Я подозревал, что на заводе   кто-то делает  личные деньги и на коврах, и на викельных кольцах, и на шариках. На тех самых цветных резиновых шариках которые наши дети так любят надувать и запускать в синее ташкентское небо. Доказать это оказалось чрезвычайно трудно потому, что  “теневая”  деятельность была поставлена очень грамотно. Все силовые структуры и контрольные органы были куплены.  Почему  так в этом уверен?  Я обратился  в ОБХСС неофициально с просьбой прислать агента “под прикрытием” для расследования. Агент прибыл незамедлительно и был оформлен  грузчиком, на склад готовой продукции. Не прошло и недели как на заводе все знали кто это такой! А известно  об операции было только мне, начальнику ОБХСС, самому исполнитель и его непосредственный руководителю. Еще через пару дней ко мне домой пришел один из работников завода:
- Меня попросили предупредить вас.
- О чем?
- Не мешайте никому, не пытайтесь ничего изменить на заводе и будете жить хорошо. Вы только скажите, сколько хотите за это и, регулярно, будете получать.
- А если я не соглашусь?
- У вас все равно ничего не выйдет.
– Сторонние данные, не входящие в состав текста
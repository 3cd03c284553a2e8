-- ===== src/ByteOrder/Platform/Tests.antt =====
-- Platforms at concrete inputs.
use asyncmsg.Base.{ℕ, ◌≡◌, refl, arith, true, false, some, none, ◌==◌, if◌then◌else◌}
use asyncmsg.ByteOrder.{swap32}
use asyncmsg.ByteOrder.Platform.{
  is_old, is_defined_as, Provided, Target, windows, linux, swapping, old_little, macros, macros_on,
  on_windows, on_linux, conversions, Conversions,
}
use asyncmsg.ByteOrder.Platform.Order.{swap16, swap64, IsDocumented, Converts}
use asyncmsg.ByteOrder.Platform.Network.{macros-Converts}
use asyncmsg.ByteOrder.Platform.RoundTrip.{network_to_host-host_to_network}

abbrev swap : ℕ → ℕ → ℕ
swap size = if size == 16 then swap16 else if size == 32 then swap32 else swap64

-- What a little-endian machine provides.
abbrev provided : Provided
provided = record {
  htons = swap16;
  ntohs = swap16;
  htonl = swap32;
  ntohl = swap32;
  endian_h = swapping swap;
  os_swap_host_to_big = swap;
  os_swap_host_to_little = λ size x. x;
  os_swap_big_to_host = swap;
  os_swap_little_to_host = λ size x. x;
  betoh = swap;
  letoh = λ size x. x;
  byteswap = swap;
  builtin_bswap = swap;
  bswap = swap;
}

-- Windows, where nothing defines `BYTE_ORDER`, with the compiler of Microsoft.
abbrev pc : Target
pc = record {
  system = windows;
  glibc = none;
  byte_order_ = none;
  little_endian_ = 0;
  big_endian_ = 0;
  byte_order = 0;
  little_endian = 0;
  big_endian = 0;
  msc_ver = true;
  gnuc_or_clang = false;
}

-- Linux with glibc 2.8.
abbrev old_pc : Target
old_pc = record pc {
  system = linux;
  glibc = some (2, 8);
  byte_order_ = some 1234;
  little_endian_ = 1234;
  big_endian_ = 4321;
  msc_ver = false;
  gnuc_or_clang = true;
}

pc-IsDocumented : IsDocumented true windows provided
pc-IsDocumented = record {
  htons_lem = λ x h. refl;
  ntohs_lem = λ x h. refl;
  htonl_lem = λ x h. refl;
  ntohl_lem = λ x h. refl;
  htobe16 = tt;
  htobe32 = tt;
  htobe64 = tt;
  be16toh = tt;
  be32toh = tt;
  be64toh = tt;
  os_swap_host_to_big = (λ x h. refl, λ x h. refl, λ x h. refl);
  os_swap_big_to_host = (λ x h. refl, λ x h. refl, λ x h. refl);
  betoh = (λ x h. refl, λ x h. refl, λ x h. refl);
  byteswap = (λ x h. refl, λ x h. refl, λ x h. refl);
  builtin_bswap = (λ x h. refl, λ x h. refl, λ x h. refl);
  bswap = (λ x h. refl, λ x h. refl, λ x h. refl);
}

old_pc-IsDocumented : IsDocumented true linux provided
unfolding swapping
old_pc-IsDocumented = record {
  htons_lem = λ x h. refl;
  ntohs_lem = λ x h. refl;
  htonl_lem = λ x h. refl;
  ntohl_lem = λ x h. refl;
  htobe16 = λ x h. refl;
  htobe32 = λ x h. refl;
  htobe64 = λ x h. refl;
  be16toh = λ x h. refl;
  be32toh = λ x h. refl;
  be64toh = λ x h. refl;
  os_swap_host_to_big = (λ x h. refl, λ x h. refl, λ x h. refl);
  os_swap_big_to_host = (λ x h. refl, λ x h. refl, λ x h. refl);
  betoh = (λ x h. refl, λ x h. refl, λ x h. refl);
  byteswap = (λ x h. refl, λ x h. refl, λ x h. refl);
  builtin_bswap = (λ x h. refl, λ x h. refl, λ x h. refl);
  bswap = (λ x h. refl, λ x h. refl, λ x h. refl);
}

macros-Converts_example : Converts true (old_little provided)
unfolding macros macros_on on_linux is_old is_defined_as
macros-Converts_example =
    macros-Converts true provided old_pc (old_little provided) old_pc-IsDocumented (λ old. refl)
      refl

network_to_host-host_to_network_example :
    (c : Conversions) × (conversions (swapping swap) ≡ some c)
    × (c.network_to_host_16 (c.host_to_network_16 0x1234) ≡ 0x1234)
    × (c.network_to_host_32 (c.host_to_network_32 0x1234) ≡ 0x1234)
    × (c.network_to_host_64 (c.host_to_network_64 0x1234) ≡ 0x1234)
unfolding macros macros_on on_windows
network_to_host-host_to_network_example =
    network_to_host-host_to_network true provided pc (swapping swap) 0x1234 0x1234 0x1234
      pc-IsDocumented refl refl (omega arith) (omega arith) (omega arith)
Мы найдем способ убрать вас с завода.
- Это я найду способ убрать вас!
Однажды меня пригласил заместитель начальника облсовпрофа, (мы вместе учились), он по поводу проведения какого-то мероприятия. Я приехал, а все сотрудники были на совещании. Пришлось посидеть в общем кабинете и подождать. Скучая,  я  огляделся и увидел на одном из столов тетрадь со знакомым почерком. Это оказалась одна из “телег”, написанных Мироном.  Я взял эту тетрадь и уехал на завод. Как ни странно, никто не заметил пропажу, или не захотел заметить.   
Аналогично себя повел и бывший главный инженер, пришлось и его выгнать. Остальное руководство завода приняло мои правила игры, и больше конфликтов не было.

Главным инженером мне порекомендовали взять главного технолога с завода искусственной кожи – Эмилию Ароновну Аврутину. Это оказался отличный выбор. У  худенькой, буквально прозрачной женщины был железный характер, неутомимость и желание вытянуть завод.
 
Сообразуясь с моим характером, на этом заводе я тоже провел много революционных мероприятий, которые произвели эффект разорвавшейся бомбы. Опишу чуть подробнее эти всплески “трудового и умственного героизма”.

Чтобы поднять  завод резинотехнических изделий  необходимо было развязать несколько технологических и организационных “узлов”. Самые главные из них: электроэнергия, вода и очистные сооружения. Все это требовало огромного количества, всякого рода, согласований, виз, проектных решений и прочее, прочее, прочее... Основным звеном для  решения этих вопросов стала  бригада слесарей-монтажников под руководством Геннадия Лукиенко, которые пришли с экскаватороного завода. Начали с воды. Смонтировали  из металлических конструкций водонапорную башню, еще через месяц пробурили две скважины и вопрос с водой был снят полностью. Параллельно построили помещение подстанции и, взяв разрешение в Ташэнерго, купили трансформатор на Чирчикском трансформаторном заводе, установили его и запустили. Очистные сооружениясамыми трудными орешками. На заводе  их не было вовсе и ядовитые стоки сливались прямо в ближайшую речушку, отравляя все вокруг.  Санэпидемстанция постоянно выписывала штрафы, которые никого не волновали. Эту проблему решили локально, создав собственную очистку.

Но случались и приятные открытия.    
На складе я увидел сорок электрических прессов для производства так называемых формовых изделий. До этого, как  уже говорилось, все производили на паровых прессах по совершенно пещерной технологии. Спрашиваю специалистов-резинщиков: ”Почему не работают электропрессы?” “Оборудование негодное, и устанавливать его нет смысла”. Однако добиться внятного объяснения, почему они сделали такой вывод, так и не удалось.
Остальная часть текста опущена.